The week prior to my most recent return to Kirpalu, I sent the following email:
Subject: NYC Caterer to the Stars and Author of Tiny Hot Dogs (available for pre-sale now;) seeks position driving the Oscar Meyer Weinermobile
I’m not kidding.
Sitting at my desk filling out the very detailed application (FYI you need a BA to drive a hot dog), I was convinced that this would be the answer for which I was searching. I guess you can say I was in a slump. My previous Kripalu glow had worn off. I was busier than I’d ever been before. I got some not so great health news. Mindfulness was replaced with obsessive social media checking (did they like that picture of my pizza slice that I posted three seconds ago?) Yoga and walking practice were replaced with Netflix, mozzarella sticks and my new favorite cocktail: tequila on the rocks. This hot dog driver position could be the answer to all of it, I thought. I could shrug all my work responsibilities, kidnap my daughter for a year, who is now almost 4 and joyfully and (heartbreakingly) growing up too fast. My husband, who’s been on the road for the past year, would not have to travel back and forth from NYC to the Hudson Valley where his new business is based and would be all mine. Just the three of us, living one life, in one place– albeit that place would be a large car shaped like a hot dog.
Maybe a revisit to Kripalu was in order before committing to life in the Weinermobile.

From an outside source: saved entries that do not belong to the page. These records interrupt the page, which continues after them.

-- ===== src/Device/Iter/Complete.antt =====
-- What the iterator of device/iter.rs yields, and what the filtered report of device/mod.rs returns.
use zoned.Base.{
  ℕ, zero, suc, ◌-◌, ◌<◌, ◌≡◌, refl, sym, ap, ◌∙◌, false, none, some, List, [], ◌∷◌, ◌++◌,
  append-nil, append_assoc, arith, lt→leb_false, get_elem?, length, u32_mod, take, drop, select,
  drop-eq-cons, drop-eq-nil, Option-cases, Bool-cases, inl, inr, take-append-drop,
}
use zoned.Errors.{ok}
use zoned.Types.{Zone}
use zoned.Types.Filter.{ZoneFilter, matches}
use zoned.Device.{ZonedDevice, report_zones, batch_or_default}
use zoned.Device.Layout.{Serves, span}
use zoned.Device.Report.{report-rest, split-grown, end_of-batch, lt-end_of-batch, batch-pos}
use zoned.Device.Iter.{
  ZoneIterator, Next, new, take_batch, next, filter_loop, report_zones_filtered,
}

module _ {W : Type 0} (d : ZonedDevice W) (zs : List Zone) (w : W) (served : Serves d zs w) where
  -- An iterator with the zones `todo` still to yield: those left in its buffer, and those behind
  -- the zones `pre` that it has fetched.
  pub record Pending (it : ZoneIterator W) (todo : List Zone) : Type 0 where
    pre : List Zone
    rest : List Zone
    on_device : it.device ≡ d
    size : ℕ
    batch : it.batch_size ≡ suc size
    small : suc size < u32_mod
    split : zs ≡ pre ++ rest
    sector : it.next_sector ≡ span 0 pre
    open_end : it.done ≡ false
    left : todo ≡ drop it.buf_pos it.buffer ++ rest

  pub new-Pending : (b : ℕ) → b < u32_mod → Pending (new d b) zs
  unfolding new
  new-Pending b h = record {
    pre = [];
    rest = zs;
    on_device = refl;
    size = batch_or_default b - 1;
    batch = batch-pos b;
    small = ground arith;
    split = refl;
    sector = refl;
    open_end = refl;
    left = refl;
  }

  -- What a call of `next` comes to with `todo` to yield.
  abbrev pub Yields : List Zone → Next W → Type 0
  Yields [] r = (it : ZoneIterator W) × (r ≡ (none, it, w))
  Yields (z ∷ todo) r = (it : ZoneIterator W) × (r ≡ (some (ok z), it, w)) × Pending it todo

  fetch-Yields :
      (it : ZoneIterator W) (pre rest : List Zone) (size : ℕ)
      → it.device ≡ d
      → it.batch_size ≡ suc size
      → suc size < u32_mod
      → zs ≡ pre ++ rest
      → it.next_sector ≡ span 0 pre
      → it.done ≡ false
      → Yields rest (take_batch it (report_zones it.device it.next_sector it.batch_size w))
  unfolding take_batch
  fetch-Yields it pre [] size on_device batch small split sector open_end =
      rw (on_device, batch, sector, report-rest d zs w served pre [] size small split) (_, refl)
  fetch-Yields it pre (z ∷ r) size on_device batch small split sector open_end =
      rw (on_device, batch, sector, report-rest d zs w served pre (z ∷ r) size small split)
        (
          _,
          refl,
          record {
            pre = pre ++ z ∷ take size r;
            rest = drop size r;
            on_device = refl;
            size = size;
            batch = refl;
            small = small;
            split = split-grown d zs w served pre z r size split;
            sector = end_of-batch d zs w served pre z r size split;
            open_end =
                rw (lt→leb_false _ _ (lt-end_of-batch d zs w served pre z r size split)) open_end;
            left = sym (take-append-drop size r);
          },
        )

  -- A call of `next` yields the first of the zones still to come, and an end when there is none.
  pub next-Yields :
      (it : ZoneIterator W) (todo : List Zone) → Pending it todo → Yields todo (next it w)
  unfolding next
  next-Yields it todo p = elim (Option-cases (get_elem? it.buffer it.buf_pos)) [
    | inl empty ↦
        rw (p.left, drop-eq-nil it.buffer it.buf_pos empty, empty, p.open_end, next)
          (fetch-Yields (record it { done = false }) p.pre p.rest p.size p.on_device p.batch p.small
            p.split p.sector refl)
    | inr (z, found) ↦
        rw (p.left, drop-eq-cons it.buffer it.buf_pos found, found, next)
          (
            _,
            refl,
            record {
              pre = p.pre;
              rest = p.rest;
              on_device = p.on_device;
              size = p.size;
              batch = p.batch;
              small = p.small;
              split = p.split;
              sector = p.sector;
              open_end = p.open_end;
              left = refl;
            },
          )
  ]

  filter_loop_lem :
      (f : ZoneFilter) (todo : List Zone) (fuel : ℕ) (it : ZoneIterator W) (result : List Zone)
      → Pending it todo
      → length todo < fuel
      → filter_loop fuel it f result w ≡ (ok (result ++ select (matches f) todo), w)
  unfolding filter_loop
  filter_loop_lem f [] zero it result p h = absurd (omega arith)
  filter_loop_lem f [] (suc fuel) it result p h =
      rw ((next-Yields it [] p).1) (rw (append-nil result))
  filter_loop_lem f (z ∷ todo) zero it result p h = absurd (omega arith)
  filter_loop_lem f (z ∷ todo) (suc fuel) it result p h =
      let (it', e, p') = next-Yields it (z ∷ todo) p in
      rw e (elim (Bool-cases (matches f z)) [
        | inl hit ↦ rw hit (
            filter_loop_lem f todo fuel it' _ p' (omega arith)
            ∙ ap (λ ys. (ok ys, w)) (append_assoc result (z ∷ []) _))
        | inr miss ↦ rw miss (filter_loop_lem f todo fuel it' result p' (omega arith))
      ])

  -- On a device that reports the zones `zs`, the filtered report returns the zones of `zs` that
  -- match the filter, in order, for every batch size of type u32; it makes one call of `next` for each zone and
  -- one more, so that any larger fuel is enough.
  pub report_zones_filtered-select :
      (fuel : ℕ) (f : ZoneFilter) (b : ℕ)
      → b < u32_mod
      → length zs < fuel
      → report_zones_filtered fuel d f b w ≡ (ok (select (matches f) zs), w)
  unfolding report_zones_filtered
  report_zones_filtered-select fuel f b small h =
      filter_loop_lem f zs fuel (new d b) [] (new-Pending b small) h
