-- ===== src/Examples.antt =====
-- examples/zone_store.rs and examples/zone_store_async.rs: what the two programs share. What they print
-- is left out, and the exit of the process is an outcome.
pub mod Layout
pub mod Restores
pub mod Listing
pub mod StoreAsync
pub mod BufWriter
pub mod Store
pub mod Zcli
use zoned.Base.{
  ℕ, ◌*◌, ◌-◌, ◌/◌, ◌%◌, List, [], ◌∷◌, ◌++◌, ◌||◌, ltb, leb, ◌==◌, if◌then◌else◌, length, take,
  drop, replicate, add_u64, sub_u64,
}
use zoned.Base.Bytes.{to_le}
use zoned.Errors.{Io, panic, timeout, ok, err, map_err, return, ZonedError}
use zoned.Handle.{ZoneHandle}

-- An error that `run` passes on, or `process::exit` with a code.
pub data Failure : Type 0 where
  failed : ZonedError → Failure
  exits : ℕ → Failure

abbrev pub Command : Type 0 → Type 0 → Type 0
Command W A = Io W Failure A

abbrev pub passes : {W A : Type 0} → Io W ZonedError A → Command W A
passes = map_err failed

-- A part of a program that runs in a handle, which it owns, beside the world.
abbrev pub with_handle : {W E A : Type 0} → ZoneHandle W → Io (ZoneHandle W × W) E A → Io W E A
with_handle handle f w = let (r, (h, w')) = f (handle, w) in (r, w')

abbrev pub header_size : ℕ
header_size = 8

abbrev pub write_align : ℕ
write_align = 4096

-- `Vec::resize` to the next multiple of `write_align`.
abbrev pub padded : List ℕ → List ℕ
padded payload =
    let remainder : ℕ = length payload % write_align in
    if remainder == 0 then payload else payload ++ replicate (write_align - remainder) 0

-- The header and the content.
abbrev pub payload_of : List ℕ → List ℕ
payload_of content = to_le header_size (length content) ++ content

-- `(n + WRITE_ALIGN - 1) & !(WRITE_ALIGN - 1)`.
abbrev pub round_up : ℕ → ℕ
round_up n = sub_u64 (add_u64 n write_align) 1 / write_align * write_align

-- `&bytes[from..to]`, which panics out of range.
abbrev pub slice : {W E : Type 0} → ℕ → ℕ → List ℕ → Io W E (List ℕ)
slice from to bytes w =
    if ltb to from || ltb (length bytes) to
    then (panic, w)
    else (ok (take (to - from) (drop from bytes)), w)
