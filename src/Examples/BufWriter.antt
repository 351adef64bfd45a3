-- ===== src/Examples/BufWriter.antt =====
-- std::io::BufWriter over a ZoneHandle and Write::write_all, as the standard library has them, which
-- zone_store.rs writes through. The errors of a handle are never `Interrupted`.
pub mod Flushed
use zoned.Base.{
  ℕ, zero, suc, ◌+◌, ◌-◌, ◌≤◌, ◌<◌, ◌≡◌, refl, sym, ap, ◌∙◌, inl, inr, List, [], ◌∷◌, ◌++◌, arith,
  ltb, leb, ◌==◌, if◌then◌else◌, length, drop, Bool-cases, le→ltb_false, lt→leb_false, lt→==_false,
  le→leb, drop-length, lt→ltb,
}
use zoned.Errors.{
  Io, Outcome, ok, err, panic, timeout, fail, return, map_err, convert_err, and_then,
  and_then-value, ZonedError, ◌>>◌, ◌>>=◌, IoError, custom, write_zero, wrapped,
}
use zoned.Handle
use zoned.Handle.{ZoneHandle, Hio}

-- A call on the writer runs in its buffer, beside the handle and the world.
abbrev pub Wio : Type 0 → Type 0 → Type 0
Wio W A = Io (List ℕ × (ZoneHandle W × W)) IoError A

module _ {W : Type 0} where
  -- The rest of a round of `Write::write_all` on the handle.
  abbrev after_write :
      (List ℕ → Io (ZoneHandle W × W) IoError (Unit {0}))
      → List ℕ
      → ℕ
      → Io (ZoneHandle W × W) IoError (Unit {0})
  after_write again buf written =
      if written == 0
      then fail (custom write_zero "failed to write whole buffer")
      else if ltb (length buf) written
      then (λ s. (panic, s))
      else again (drop written buf)

  pub write_all : ℕ → List ℕ → Io (ZoneHandle W × W) IoError (Unit {0})
  write_all fuel [] s = (ok tt, s)
  write_all zero (b ∷ bs) s = (timeout, s)
  write_all (suc fuel) (b ∷ bs) s =
      and_then (Handle.write (b ∷ bs) s) (after_write (write_all fuel) (b ∷ bs))

  -- The rest of a round of `flush_buf`. What is not written stays in the buffer.
  abbrev after_flush :
      Wio W (Unit {0})
      → List ℕ
      → Outcome IoError ℕ × (ZoneHandle W × W)
      → Outcome IoError (Unit {0}) × (List ℕ × (ZoneHandle W × W))
  after_flush again buffer (ok written, s) =
      if written == 0
      then (err (custom write_zero "failed to write the buffered data"), (buffer, s))
      else if ltb (length buffer) written
      then (panic, (buffer, s))
      else again (drop written buffer, s)
  after_flush again buffer (err e, s) = (err e, (buffer, s))
  after_flush again buffer (panic, s) = (panic, (buffer, s))
  after_flush again buffer (timeout, s) = (timeout, (buffer, s))

  unfoldable pub flush_loop : ℕ → Wio W (Unit {0})
  flush_loop fuel ([], s) = (ok tt, ([], s))
  flush_loop zero (b ∷ bs, s) = (timeout, (b ∷ bs, s))
  flush_loop (suc fuel) (b ∷ bs, s) =
      after_flush (flush_loop fuel) (b ∷ bs) (Handle.write (b ∷ bs) s)

  -- Each round writes a byte, so the buffer's length is fuel enough.
  unfoldable pub flush_buf : Wio W (Unit {0})
  unfolding flush_loop
  flush_buf (buffer, s) = flush_loop (length buffer) (buffer, s)

  -- A call on the handle leaves the buffer alone.
  abbrev pub on_inner : {A : Type 0} → Io (ZoneHandle W × W) IoError A → Wio W A
  on_inner f (buffer, s) = let (r, s') = f s in (r, (buffer, s'))

  abbrev push_back : List ℕ → Wio W (Unit {0})
  push_back buf (buffer, s) = (ok tt, (buffer ++ buf, s))

  -- `write_all` of the writer, with its capacity.
  unfoldable pub put : ℕ → List ℕ → Wio W (Unit {0})
  put capacity buf (buffer, s) =
      (if ltb (length buf) (capacity - length buffer) then push_back buf else (do
        if ltb (capacity - length buffer) (length buf) then flush_buf else return tt
        if leb capacity (length buf) then on_inner (write_all (length buf) buf) else push_back buf))
        (buffer, s)

  unfoldable pub flush : Wio W (Unit {0})
  flush = flush_buf >> on_inner Handle.flush

  -- The writer is dropped at the end, also behind an error: it writes what it still has, and what
  -- comes of that is forgotten.
  unfoldable pub drop_writer :
      Outcome IoError (Unit {0}) × (List ℕ × (ZoneHandle W × W))
      → Outcome IoError (Unit {0}) × (ZoneHandle W × W)
  drop_writer (panic, (buffer, s)) = (panic, s)
  drop_writer (ok u, s) = (ok u, (flush_buf s).1.1)
  drop_writer (err e, s) = (err e, (flush_buf s).1.1)
  drop_writer (timeout, (buffer, s)) = (timeout, s)

  unfoldable pub with_writer : Wio W (Unit {0}) → Io (ZoneHandle W × W) IoError (Unit {0})
  unfolding drop_writer
  with_writer f s = drop_writer (f ([], s))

So, at 43, seven years later, I returned to Kripalu, back to the room with my Sherpa of divine wisdom, Aruni, to the same program that both saved me and changed me. Back on the floor in sweatpants with a new set of strangers to witness my tears, answer my call for help, encourage me to share and most importantly, just be present with me in this form of spiritual and, ok, yes, physical detox. I made a list of what had transpired since the last time I left the Utopian retreat and it was no small list.
In seven years, I had:
In taking stock, I granted myself permission to be tired, confused, exhausted and opened my heart and soul deeply to what Kripalu and the beautiful strangers had to offer me. Like before, I was confused about entering a new phase of my life, but with Aruni my Sherpa there to remind me that I had the tools to stop, to be present, to be mindful, I could do it…again. Enjoy today for what it is, not for the promise of what may or may not ever come. Easier said than done but hey I’m going to give it a try.
And while I have yet to hear back from the folks at Oscar Meyer, I’m trying my Kripalu tools and applying them to my crazy city/country life I lead; loving myself, my daughter and husband, this life, this career and these new gray hairs more deeply by being more present (down phone down), more mindful (no more Seamlees in front of a TV) and ever so grateful for this beautifully insane and perfectly imperfect life.
And if all else fails…look for us coming to your town….we’ll be the Italian family of three, driving a large hot dog.